PHILIPPINE Basketball Association fans are very aware of a rule that prohibits ballclubs owned by a single company to enter into a direct trade.
San Miguel Corporation and PLDT are the only companies that operate more than one team in the league.
And while these two conglomerates adhere to that specific rule, it cannot be avoided that each of their teams would need a player or two to from its sister team.
A conduit, meantime, usually comes in not just to serve as channel for two sister teams but to also to benefit from it.
Such was the case when NLEX acquired forward Sean Anthony from Meralco through the Mahindra Enforcers.
As we all know, NLEX and Meralco are owned by telecommunications tycoon Manny V. Pangilinan under his PLDT umbrella.
Initially, the Bolts released Anthony to the Enforcers for their 2016 and 2017 second-round picks. That trade gives Meralco a chance to add young talents to their squad in the next two years.
Mahindra then shipped Anthony to NLEX for seldom-used Juneric Baloria together with the Road Warriors’ 2016 and 2017 second-round picks.
In essence, Mahindra was able to recover their future picks which they initially sent to Meralco apart from adding a talent many believe has what it takes to compete in the league.
NLEX, meanwhile, gained a player which they feel will be the answer to a void that they have to fill to improve on their performance once they enter their sophomore season.

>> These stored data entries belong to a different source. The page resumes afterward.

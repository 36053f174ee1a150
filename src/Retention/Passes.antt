-- ===== src/Retention/Passes.antt =====
-- app/worker/lifecycle.py: what a pass does to the files.
use pyupload_x.Base.{ℕ, ◌≡◌, false, List, arith, length, ◌++◌}
use pyupload_x.Lifecycle.Mode.{Time}
use pyupload_x.Lifecycle.StateMachine.{lifecycle_eq}
use pyupload_x.Db.Rows.{FileObject, is_deleted, OutboxMessage, WebhookStatus}
use pyupload_x.Request.{World, App}
use pyupload_x.Retention.Messages.{event_of, Reports}
use pyupload_x.Retention.Worker.{is_due, act}

module _ {S : Type 0} (app : App S) where
  act-id : (f : FileObject) (w : World S) → (act app f w).0.0.id ≡ f.id
  unfolding act
  act-id f w = ground arith

  -- A file that the worker acts on, whether the action succeeds or fails, is not due again at any
  -- time: each file is acted on at most once, also one whose deletion failed.
  pub act-not_due :
      (f : FileObject) (w : World S) (later : Time) → is_due later (act app f w).0.0 ≡ false
  unfolding act is_due is_deleted lifecycle_eq
  act-not_due f w later = ground arith

module _ {S : Type 0} (app : App S) where
  message_of : FileObject → World S → OutboxMessage
  message_of f w = record {
    id = w.db.next_id;
    tenant_id = f.tenant_id;
    event_type = event_of f.lifecycle_action;
    file_id = f.id;
    status = WebhookStatus.pending;
    attempts = 0;
    next_attempt_at = w.now;
  }

  -- The pass so far wrote the messages, and counted them.
  record Wrote (fs : List FileObject) (w : World S) (n : ℕ) (w' : World S) : Type 0 where
    messages : List OutboxMessage
    reports : Reports app w.now fs messages
    outbox : w'.db.outbox ≡ w.db.outbox ++ messages
    count : n ≡ length messages
    now : w'.now ≡ w.now
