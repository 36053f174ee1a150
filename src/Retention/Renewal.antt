-- ===== src/Retention/Renewal.antt =====
-- `extend` of app/services/lifecycle_service.py: the expiry that it leaves.
use pyupload_x.Base.{
  ℕ, suc, ◌+◌, ◌≡◌, refl, ap, subst, ◌∙◌, Bool, true, false, not, ◌&&◌, ◌||◌, Option, some, arith,
}
use pyupload_x.Base.Int.{ℤ, pos}
use pyupload_x.Errors.{ok, file_not_found, invalid_lifecycle_policy, raise_if-eq-ok}
use pyupload_x.Config.{Settings}
use pyupload_x.Lifecycle.Mode.{
  Time, seconds, Mode, LifecycleAction, mode_eq, contains_mode, contains_action,
}
use pyupload_x.Lifecycle.Policy.{
  Moment, at, Requested, Effective, compute_effective_lifecycle, decide, lifecycle_for,
  ttl_lifecycle, or_value, considered, PolicyRules,
}
use pyupload_x.Db.Rows.{FileObject}
use pyupload_x.Db.Files.{get_file}
use pyupload_x.Request.{World, Identity, App}
use pyupload_x.Request.Laws.{lift-eq-ok, or_raise-eq-ok, raise_when-eq-ok}
use pyupload_x.Uploads.Create.{add_seconds}
use pyupload_x.Retention.Service.{effective_of, apply, find_file, extend, is_positive}

-- the modes that count seconds from the completion
abbrev pub counts_seconds : Mode → Bool
counts_seconds Mode.ttl = true
counts_seconds Mode.temporary = true
counts_seconds Mode.sliding_ttl = true
counts_seconds _ = false

lifecycle_for-counted :
    (settings : Settings) (mode : Mode) (action : LifecycleAction) (n : ℕ) (expiry : Option Moment)
    (base : Time) (e : Effective)
    → counts_seconds mode ≡ true
    → lifecycle_for settings.lifecycle.policy mode action (some (pos n)) expiry base ≡ ok e
    → e.expires_at ≡ some (base + seconds n)
unfolding lifecycle_for ttl_lifecycle
lifecycle_for-counted settings Mode.ttl action n expiry base e c h = ground arith
lifecycle_for-counted settings Mode.temporary action n expiry base e c h = ground arith
lifecycle_for-counted settings Mode.sliding_ttl action n expiry base e c h = ground arith
lifecycle_for-counted settings Mode.permanent action n expiry base e c h = cc
lifecycle_for-counted settings Mode.expires_at action n expiry base e c h = cc
lifecycle_for-counted settings (Mode.other s) action n expiry base e c h = cc

considered-some :
    (rules : PolicyRules) (r : Requested)
    → rules.allow_client_override ≡ true
    → considered rules (some r) ≡ r
considered-some rules r over = rw over refl

effective_of-counted :
    (settings : Settings) (mode : Mode) (action : LifecycleAction) (n : ℕ) (expiry : Option Moment)
    (base now : Time) (e : Effective)
    → settings.lifecycle.policy.allow_client_override ≡ true
    → counts_seconds mode ≡ true
    → effective_of settings
        (record {
          mode = some mode;
          action = some action;
          ttl_seconds = some (pos (suc n));
          expires_at = expiry;
        })
        base
        now
      ≡ ok e
    → e.expires_at ≡ some (base + seconds (suc n))
unfolding effective_of compute_effective_lifecycle decide
effective_of-counted settings mode action n expiry base now e over c h =
    let rules = settings.lifecycle.policy in
    let r : Requested = record {
      mode = some mode;
      action = some action;
      ttl_seconds = some (pos (suc n));
      expires_at = expiry;
    } in
    let asked : decide rules settings.lifecycle.default_policy base r ≡ ok e =
      subst (λ (q : Requested). decide rules settings.lifecycle.default_policy base q ≡ ok e)
        (considered-some rules r over) h in
    let (_, h1) = raise_if-eq-ok (not (contains_mode mode rules.allowed_modes)) _ _ asked in
    let (_, h2) = raise_if-eq-ok (not (contains_action action rules.allowed_actions)) _ _ h1 in
    let (_, h3) =
      raise_if-eq-ok (mode_eq mode Mode.permanent && not rules.permanent_allowed) _ _ h2 in
    lifecycle_for-counted settings mode action (suc n) expiry base e c h3

module _ {S : Type 0} (app : App S) (identity : Identity) where
  -- Extending a file whose lifecycle counts seconds from its completion has no effect on its expiry,
  -- where the server lets clients override its defaults: the expiry that results is the completion
  -- time and the file's own number of seconds, whatever the extension was.
  pub extend-ignores_extension :
      (id : ℕ) (z : ℤ) (w : World S) (f g : FileObject) (w' : World S) (n : ℕ)
      → app.settings.lifecycle.policy.allow_client_override ≡ true
      → get_file w.db id (some identity.tenant_id) ≡ some f
      → counts_seconds f.lifecycle_mode ≡ true
      → f.ttl_seconds ≡ some (pos (suc n))
      → extend app identity id z w ≡ (ok g, w')
      → g.expires_at ≡ some (f.completed_at + seconds (suc n))
  unfolding extend find_file apply
  extend-ignores_extension id z w f g w' n over found c ttl h =
      let (f', e, h1) =
        or_raise-eq-ok (get_file w.db id (some identity.tenant_id)) file_not_found _ w h in
      let same : f' ≡ f = ground arith in
      let (_, h2) =
        raise_when-eq-ok
          (mode_eq f'.lifecycle_mode Mode.permanent || mode_eq f'.lifecycle_mode Mode.expires_at)
          invalid_lifecycle_policy _ w h1 in
      let (_, h3) = raise_when-eq-ok (not (is_positive z)) invalid_lifecycle_policy _ w h2 in
      let expiry : Option Moment = some (at (add_seconds (or_value f'.expires_at w.now) z)) in
      let requested : Requested = record {
        mode = some f'.lifecycle_mode;
        action = some f'.lifecycle_action;
        ttl_seconds = f'.ttl_seconds;
        expires_at = expiry;
      } in
      let (eff, policy, h4) =
        lift-eq-ok (effective_of app.settings requested f'.completed_at w.now) _ w h3 in
      let left : g.expires_at ≡ eff.expires_at = ground arith in
      left
      ∙ effective_of-counted app.settings f'.lifecycle_mode f'.lifecycle_action n expiry
          f'.completed_at w.now eff over
          (ap (λ (x : FileObject). counts_seconds x.lifecycle_mode) same ∙ c)
          (subst
            (λ (t : Option ℤ).
              effective_of app.settings (record requested { ttl_seconds = t }) f'.completed_at w.now
              ≡ ok eff)
            (ap (λ (x : FileObject). x.ttl_seconds) same ∙ ttl) policy)
      ∙ ap (λ (x : FileObject). some (x.completed_at + seconds (suc n))) same
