-- ===== src/Sdk.antt =====
-- sdk/pyuploadx: the client library.
pub mod Multipart
pub mod Retry
pub mod Download
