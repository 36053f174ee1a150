-- ===== src/Sdk/Download.antt =====
-- sdk/pyuploadx/client.py, `_stream_parallel`: a file is downloaded in ranges that are written at
-- their places.
pub mod Spans
pub mod Parallel
use pyupload_x.Base.{
  ℕ, zero, suc, ◌+◌, ◌-◌, ◌/◌, min, Option, none, some, List, [], ◌∷◌, ◌++◌, length, take, drop,
  range, Text, codes,
}
use pyupload_x.Base.Int.{pos_part}
use pyupload_x.Errors.{Result, ok, err}
use pyupload_x.Errors.{◌>>=◌ as bind_result}
use pyupload_x.Ranges.{ByteRange, range_length, parse_byte_range}
use pyupload_x.Ranges.Number.{decimal}
use pyupload_x.Storage.{Bytes}

-- the first and the last byte of a range
abbrev pub Span : Type 0
Span = ℕ × ℕ

-- The loop over `range(concurrency)`, from a start on: the last range goes to the end.
unfoldable pub spans_from : ℕ → ℕ → ℕ → ℕ → List Span
spans_from total step start zero = []
spans_from total step start (suc zero) = (start, total - 1) ∷ []
spans_from total step start (suc (suc count)) =
    (start, start + step - 1) ∷ spans_from total step (start + step) (suc count)

-- The ranges of a file that is not empty; `concurrency` is at least two where they are used.
unfoldable pub spans : ℕ → ℕ → List Span
unfolding spans_from
spans total concurrency =
    let workers = min concurrency total in spans_from total (total / workers) 0 workers

-- the bytes of a range
abbrev pub span_of : Bytes → Span → Bytes
span_of content (first, last) = take (last + 1 - first) (drop first content)

-- `handle.seek(range_start)` and the writes of a response's chunks
abbrev pub write_at : ℕ → Bytes → Bytes → Bytes
write_at start b dest = take start dest ++ (b ++ drop (start + length b) dest)

-- `handle.truncate(total)` of a new file
abbrev pub zeroed : ℕ → Bytes
zeroed zero = []
zeroed (suc n) = 0 ∷ zeroed n

-- `f"bytes={range_start}-{range_end}"`
unfoldable pub range_header : Span → Text
range_header (first, last) = codes "bytes=" ++ (decimal first ++ b'-' ∷ decimal last)

abbrev pub slice_of : Bytes → Option ByteRange → Bytes
slice_of content none = content
slice_of content (some r) = take (pos_part (range_length r)) (drop (pos_part r.start) content)

-- What the service answers to a worker, app/services/file_service.py.
unfoldable pub response : Bytes → Span → Result Bytes
response content r =
    bind_result (parse_byte_range (some (range_header r)) (length content))
      (λ range. ok (slice_of content range))

abbrev pub write_response : ℕ → Bytes → Result Bytes → Option Bytes
write_response start dest (ok b) = some (write_at start b dest)
write_response start dest (err e) = none

abbrev pub and_on : Option Bytes → (Bytes → Option Bytes) → Option Bytes
and_on none f = none
and_on (some b) f = f b

-- The file after the workers wrote their ranges, in the order in which they did; `none` is the error
-- of a worker, which is raised in the end.
unfoldable pub write_spans : Bytes → List Span → Bytes → Option Bytes
write_spans content [] dest = some dest
write_spans content (r ∷ rs) dest =
    and_on (write_response r.0 dest (response content r)) (write_spans content rs)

“We saw something in Sean which we can maximize because our coaches have been scouting his performance in the past,” said NLEX team manager Ronald Dulatre.
NLEX, Meralco and Mahindra just did the PBA a favor when it comes to showing its fans how to enter a deal that shows parity.

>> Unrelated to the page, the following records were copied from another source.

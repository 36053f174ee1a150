-- ===== src/Sdk/Download/Spans.antt =====
-- sdk/pyuploadx/client.py: the ranges of a parallel download cover the file.
use native.Mathlib.Nat.{mul-div-le, le-div_iff_mul-le}
use pyupload_x.Base.{
  ℕ, zero, suc, ◌+◌, ◌*◌, ◌/◌, ◌≤◌, ◌<◌, min, ◌≡◌, ◌∙◌, Bool, ◌&&◌, List, [], ◌∷◌, arith, ltb, leb,
  if◌then◌else◌, All,
}
use pyupload_x.Sdk.Download.{Span, spans_from, spans}

-- a range of bytes that a file of a size has
abbrev pub IsSpan : ℕ → Span → Type 0
IsSpan total r = (r.0 ≤ r.1) × (r.1 < total)

abbrev pub covers : ℕ → Span → Bool
covers i r = leb r.0 i && leb i r.1

abbrev pub count_covering : ℕ → List Span → ℕ
count_covering i [] = 0
count_covering i (r ∷ rs) = (if covers i r then 1 else 0) + count_covering i rs

spans_from-cover :
    (total step start count i : ℕ)
    → 0 < step
    → start + count * step ≤ total
    → 0 < count
    → All (IsSpan total) (spans_from total step start count)
      × (count_covering i (spans_from total step start count)
          ≡ (if leb start i && ltb i total then 1 else 0))
unfolding spans_from
spans_from-cover total step start zero i h k n = absurd (omega arith)
spans_from-cover total step start (suc zero) i h k n =
    (((omega arith, omega arith), tt), ground arith)
spans_from-cover total step start (suc (suc count)) i h k n =
    let (rest, once) =
      spans_from-cover total step (start + step) (suc count) i h (grind arith) (omega arith) in
    let below : start + step < total = grind arith in
    (((omega arith, omega arith), rest), ground (arith, once))

share : (n w : ℕ) → 0 < w → w ≤ n → (w * (n / w) ≤ n) × (0 < n / w)
share n w h k = (mul-div-le n w, (le-div_iff_mul-le {k = w} {x = 1} {y = n} h).1 (omega arith))

-- The ranges of a file that is not empty are ranges of its bytes, and each byte is in exactly one.
pub spans-cover :
    (total concurrency i : ℕ)
    → 0 < total
    → 0 < concurrency
    → All (IsSpan total) (spans total concurrency)
      × (count_covering i (spans total concurrency) ≡ (if ltb i total then 1 else 0))
unfolding spans
spans-cover total concurrency i h k =
    let workers = min concurrency total in
    let some_workers : 0 < workers = omega arith in
    let (below, wide) = share total workers some_workers (omega arith) in
    let (here, once) =
      spans_from-cover total (total / workers) 0 workers i wide (omega (arith, below))
        some_workers in
    (here, once ∙ ground arith)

FOCUSING ON DEFENSE. More than one Most Valuable Player award, several Finals MVP honor and multiple PBA championships.
Gaining those trophies would make one player feel complete and eventually take it easy and just think about extending his career and in the process collect more financial rewards.
But not Big Game James Yap.
While people would think he has done and won it all, Yap says there are still more achievements out there that he can aspire for and would make him feel motivated in the seasons to come.
“Ako kasi kumbaga, nag-champion na ako, nanalo na ng MVP, ako ‘yung isang player na hindi nagre-relax. Sabihin mo na magsasawa? Hindi mangyayari ‘yun,” said Yap. “Mapabilang sa all-defensive team. ‘Yun na lang ‘yung hindi ko nakukuha. Kasi iniisip ko ‘yung MVP, Finals MVP parang bonus na lang ‘yun.”
While Yap admits he’s been used to being the main man on offense and a recipient of several screens for him to be able to get good looks at the basket, he still feels incomplete for as long as people won’t talk about his defensive prowess.
“Tingin ko sa defensive award ‘pag nakuha mo ‘yun, pakiramdam mo talaga na nakakatulong ka sa team,” said Yap.
Yap added that by being conscious about it, it will make him continue to work hard and make sure to always keep himself in shape.
“Sa depensa kasi kailangan kundisyon ka kasi habol ka ng habol sa tao mo. ‘Yung ball screen, ‘yun ang mahirap, paano mo maiiwasan ‘yung screen tapos nandu’n ka pa din sa tao mo,” said Yap.
Yap’s former mentor, the venerable two-time grand slam coach Tim Cone believes his one-time ward’s unique demeanor is what’s making him stand out from the rest of the league’s top players.
“The calmness of James Yap. We used to talk about it before a game. We had a lot of guys really pumped up, jumping around, everybody was so intensed, and James was just in the corner, relaxed,” said Cone “I told the coaching staff that’s why he is big game James. Nothing fazes him he just comes out, plays calmly and is able to withstand the big moments.”